To read about what this is, see the written report capstone_project.pdf
This project is structured as follows:
model_evaluation contains the python source code for running this evaluation. Start with data_preparation.py and base.py - function run_evaluation_baseline to get an idea of how to get started if you want to try to reproduce this evaluation.
data contains the downloaded data from the amazon qa dataset. The raw tarballs are in teh raw folder, and the extracted json files are in the json folder.
The suites subfolder in data contain preprocessed datasets (pickled DataProvider objects) which were used for the evaluation. Passing this folder to the run_evaluation_* functions in the source code tells the evaluation to load the datasets contained in that folder.

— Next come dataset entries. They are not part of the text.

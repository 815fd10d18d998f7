-- ===== src/Base/Order.antt =====
-- The order of texts by code points, `in` on a list of texts, and `sorted`.
use Prim.Native.Char.{code}
use Prim.Native.String.{String}
use Prim.Native.Nat.{ℕ}
use mathlib.Core.Path.{◌≡◌, refl, ap₂}
use mathlib.Core.Logic.{inl, inr}
use mathlib.Core.Bool.{Bool, true, false, ◌||◌}
use mathlib.Core.List.{List, [], ◌∷◌, Permᴰ}
use native.Mathlib.Omega.{arith}
use text.Mathlib.TextEquality.{Char-path}
use ganker.Base.Tests.{◌==◌, if◌then◌else◌, ltb, eqb, Bool-cases}
use ganker.Base.Lists.{All}

-- Python's `s < t`
unfoldable pub str_ltb : String → String → Bool
str_ltb String.[] String.[] = false
str_ltb String.[] (String.◌∷◌ d t) = true
str_ltb (String.◌∷◌ c s) String.[] = false
str_ltb (String.◌∷◌ c s) (String.◌∷◌ d t) =
    if ltb (code c) (code d) then true else if eqb (code c) (code d) then str_ltb s t else false

pub str_lt_trans : (s t u : String) → str_ltb s t ≡ true → str_ltb t u ≡ true → str_ltb s u ≡ true
unfolding str_ltb
str_lt_trans String.[] String.[] u h k = cc
str_lt_trans String.[] (String.◌∷◌ d t) String.[] h k = cc
str_lt_trans String.[] (String.◌∷◌ d t) (String.◌∷◌ e u) h k = refl
str_lt_trans (String.◌∷◌ c s) String.[] u h k = cc
str_lt_trans (String.◌∷◌ c s) (String.◌∷◌ d t) String.[] h k = cc
str_lt_trans (String.◌∷◌ c s) (String.◌∷◌ d t) (String.◌∷◌ e u) h k =
    ground (arith, str_lt_trans s t u)

pub str_lt_irrefl : (s : String) → str_ltb s s ≡ false
unfolding str_ltb
str_lt_irrefl String.[] = refl
str_lt_irrefl (String.◌∷◌ c s) = ground (arith, str_lt_irrefl s)

same_code : (m n : ℕ) → ltb m n ≡ false → ltb n m ≡ false → m ≡ n
same_code m n h k = ground arith

pub str_lt_total : (s t : String) → str_ltb s t ≡ false → str_ltb t s ≡ false → s ≡ t
unfolding str_ltb
str_lt_total String.[] String.[] h k = refl
str_lt_total String.[] (String.◌∷◌ d t) h k = cc
str_lt_total (String.◌∷◌ c s) String.[] h k = cc
str_lt_total (String.◌∷◌ c s) (String.◌∷◌ d t) h k =
    let same : code c ≡ code d = ground arith in
    let e : c ≡ d = Char-path c d same in
    let r : s ≡ t = str_lt_total s t (ground arith) (ground arith) in λ i. String.◌∷◌ (e i) (r i)

-- `k in xs`
unfoldable pub contains : String → List String → Bool
contains k [] = false
contains k (x ∷ xs) = x == k || contains k xs

-- `sorted(xs)`
insert_sorted : String → List String → List String
insert_sorted x [] = x ∷ []
insert_sorted x (y ∷ ys) = if str_ltb y x then y ∷ insert_sorted x ys else x ∷ y ∷ ys

unfoldable pub sorted : List String → List String
unfolding insert_sorted str_ltb
sorted [] = []
sorted (x ∷ xs) = insert_sorted x (sorted xs)

sorted-cons : (x : String) (xs : List String) → sorted (x ∷ xs) ≡ insert_sorted x (sorted xs)
unfolding sorted
sorted-cons x xs = refl

abbrev pub IsStrict : List String → Type 0
IsStrict [] = Unit
IsStrict (x ∷ xs) = All (λ y. str_ltb x y ≡ true) xs × IsStrict xs

abbrev pub IsDistinct : List String → Type 0
IsDistinct [] = Unit
IsDistinct (x ∷ xs) = (contains x xs ≡ false) × IsDistinct xs

contains-insert_sorted :
    (k x : String) (xs : List String) → contains k (insert_sorted x xs) ≡ (x == k || contains k xs)
unfolding insert_sorted contains
contains-insert_sorted k x [] = refl
contains-insert_sorted k x (y ∷ ys) = ground (arith, contains-insert_sorted k x ys)

pub contains-sorted : (k : String) (xs : List String) → contains k (sorted xs) ≡ contains k xs
unfolding contains
contains-sorted k [] = unfold sorted in refl
contains-sorted k (x ∷ xs) = rw (sorted-cons, contains-insert_sorted, contains-sorted k xs)

All-insert_sorted :
    (w x : String) (xs : List String)
    → str_ltb w x ≡ true
    → All (λ y. str_ltb w y ≡ true) xs
    → All (λ y. str_ltb w y ≡ true) (insert_sorted x xs)
unfolding insert_sorted
All-insert_sorted w x [] h k = (h, tt)
All-insert_sorted w x (y ∷ ys) h k = elim (Bool-cases (str_ltb y x)) [
  | inl p ↦ rw p (k.0, All-insert_sorted w x ys h k.1)
  | inr p ↦ rw p (h, k)
]

All-lt_trans :
    (x y : String) (ys : List String)
    → str_ltb x y ≡ true
    → All (λ z. str_ltb y z ≡ true) ys
    → All (λ z. str_ltb x z ≡ true) ys
All-lt_trans x y [] h k = tt
All-lt_trans x y (z ∷ zs) h k = (str_lt_trans x y z h k.0, All-lt_trans x y zs h k.1)

insert_sorted-IsStrict :
    (x : String) (xs : List String)
    → contains x xs ≡ false
    → IsStrict xs
    → IsStrict (insert_sorted x xs)
unfolding insert_sorted contains
insert_sorted-IsStrict x [] fresh s = (tt, tt)
insert_sorted-IsStrict x (y ∷ ys) fresh s = elim (Bool-cases (str_ltb y x)) [
  | inl p ↦ rw p (All-insert_sorted y x ys p s.0, insert_sorted-IsStrict x ys (ground arith) s.1)
  | inr p ↦ elim (Bool-cases (str_ltb x y)) [
    | inl q ↦ rw p ((q, All-lt_trans x y ys q s.0), s)
    | inr q ↦ absurd (ground (arith, str_lt_total x y q p))
  ]
]

pub sorted-IsStrict : (xs : List String) → IsDistinct xs → IsStrict (sorted xs)
sorted-IsStrict [] d = unfold sorted in tt
sorted-IsStrict (x ∷ xs) d =
    rw sorted-cons
      (insert_sorted-IsStrict x (sorted xs) (rw contains-sorted d.0) (sorted-IsStrict xs d.1))

-- A text below all of a list is not in it.
below_not_in :
    (x : String) (ys : List String) → All (λ y. str_ltb x y ≡ true) ys → contains x ys ≡ false
unfolding contains
below_not_in x [] h = refl
below_not_in x (y ∷ ys) h = ground (arith, below_not_in x ys h.1, str_lt_irrefl x, h.0)

not_first :
    (x y : String) (ys : List String)
    → str_ltb x y ≡ true
    → All (λ z. str_ltb y z ≡ true) ys
    → contains x (y ∷ ys) ≡ false
not_first x y ys h k = below_not_in x (y ∷ ys) (h, All-lt_trans x y ys h k)

pub contains-first : (x : String) (xs : List String) → contains x (x ∷ xs) ≡ true
unfolding contains
contains-first x xs = ground arith

contains-nil : (k : String) → contains k [] ≡ false
unfolding contains
contains-nil k = refl

pub contains-later :
    (k x : String) (xs : List String) → contains k xs ≡ true → contains k (x ∷ xs) ≡ true
unfolding contains
contains-later k x xs h = ground (arith, h)

tails_agree :
    (x y : String) (xs ys : List String)
    → x ≡ y
    → contains x xs ≡ false
    → contains y ys ≡ false
    → (k : String) → contains k (x ∷ xs) ≡ contains k (y ∷ ys)
    → contains k xs ≡ contains k ys
unfolding contains
tails_agree x y xs ys e p q k h = ground arith

-- A strictly increasing list is fixed by what it contains.
pub IsStrict-unique :
    (xs ys : List String)
    → IsStrict xs
    → IsStrict ys
    → ((k : String) → contains k xs ≡ contains k ys)
    → xs ≡ ys
IsStrict-unique [] [] s t h = refl
IsStrict-unique [] (y ∷ ys) s t h = cc (h y, contains-first y ys, contains-nil y)
IsStrict-unique (x ∷ xs) [] s t h = cc (h x, contains-first x xs, contains-nil x)
IsStrict-unique (x ∷ xs) (y ∷ ys) s t h = elim (Bool-cases (str_ltb x y)) [
  | inl p ↦ cc (h x, contains-first x xs, not_first x y ys p t.0)
  | inr p ↦ elim (Bool-cases (str_ltb y x)) [
    | inl q ↦ cc (h y, contains-first y ys, not_first y x xs q s.0)
    | inr q ↦
        let e = str_lt_total x y p q in
        ap₂ ◌∷◌ e (
          IsStrict-unique xs ys s.1 t.1
            λ k. tails_agree x y xs ys e (below_not_in x xs s.0) (below_not_in y ys t.0) k (h k))
  ]
]

Permᴰ-refl : (xs : List String) → Permᴰ xs xs
Permᴰ-refl [] = Permᴰ.nil
Permᴰ-refl (x ∷ xs) = Permᴰ.cons refl (Permᴰ-refl xs)

insert_sorted-perm : (x : String) (xs : List String) → Permᴰ (insert_sorted x xs) (x ∷ xs)
unfolding insert_sorted
insert_sorted-perm x [] = Permᴰ.cons refl Permᴰ.nil
insert_sorted-perm x (y ∷ ys) = elim (Bool-cases (str_ltb y x)) [
  | inl p ↦ rw p (Permᴰ.trans (Permᴰ.cons refl (insert_sorted-perm x ys)) (Permᴰ.swap refl refl))
  | inr p ↦ rw p (Permᴰ-refl (x ∷ y ∷ ys))
]

pub sorted-perm : (xs : List String) → Permᴰ (sorted xs) xs
sorted-perm [] = unfold sorted in Permᴰ.nil
sorted-perm (x ∷ xs) =
    rw sorted-cons
      (Permᴰ.trans (insert_sorted-perm x (sorted xs)) (Permᴰ.cons refl (sorted-perm xs)))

The doc folder contains the written proposal and report and related files.
The img folder contains images used in the report.
For BERT, You will need to create an output folder where bert stores intermediate results.
The results folder contains persisted Session objects resulting from the evaluation, and the final_results_df.pkl containing the dataframe results.
The following pythong dependencies need to be installed (pip install, lastest versions): scikit-learn pandas numpy matplotlib
For BERT, the bert source code needs to be cloned and added to the sourcepath (See bert.py) for details. Running BERT should take place in a google-cloud-platform tpu- accelerated machine. You will NOT get far on a normal laptop... These machines have tensorflow intstalled, which is a dependency of running bert.
For ULMFiT, pytorch and fastai must be intstalled. See ulmfit.py for details.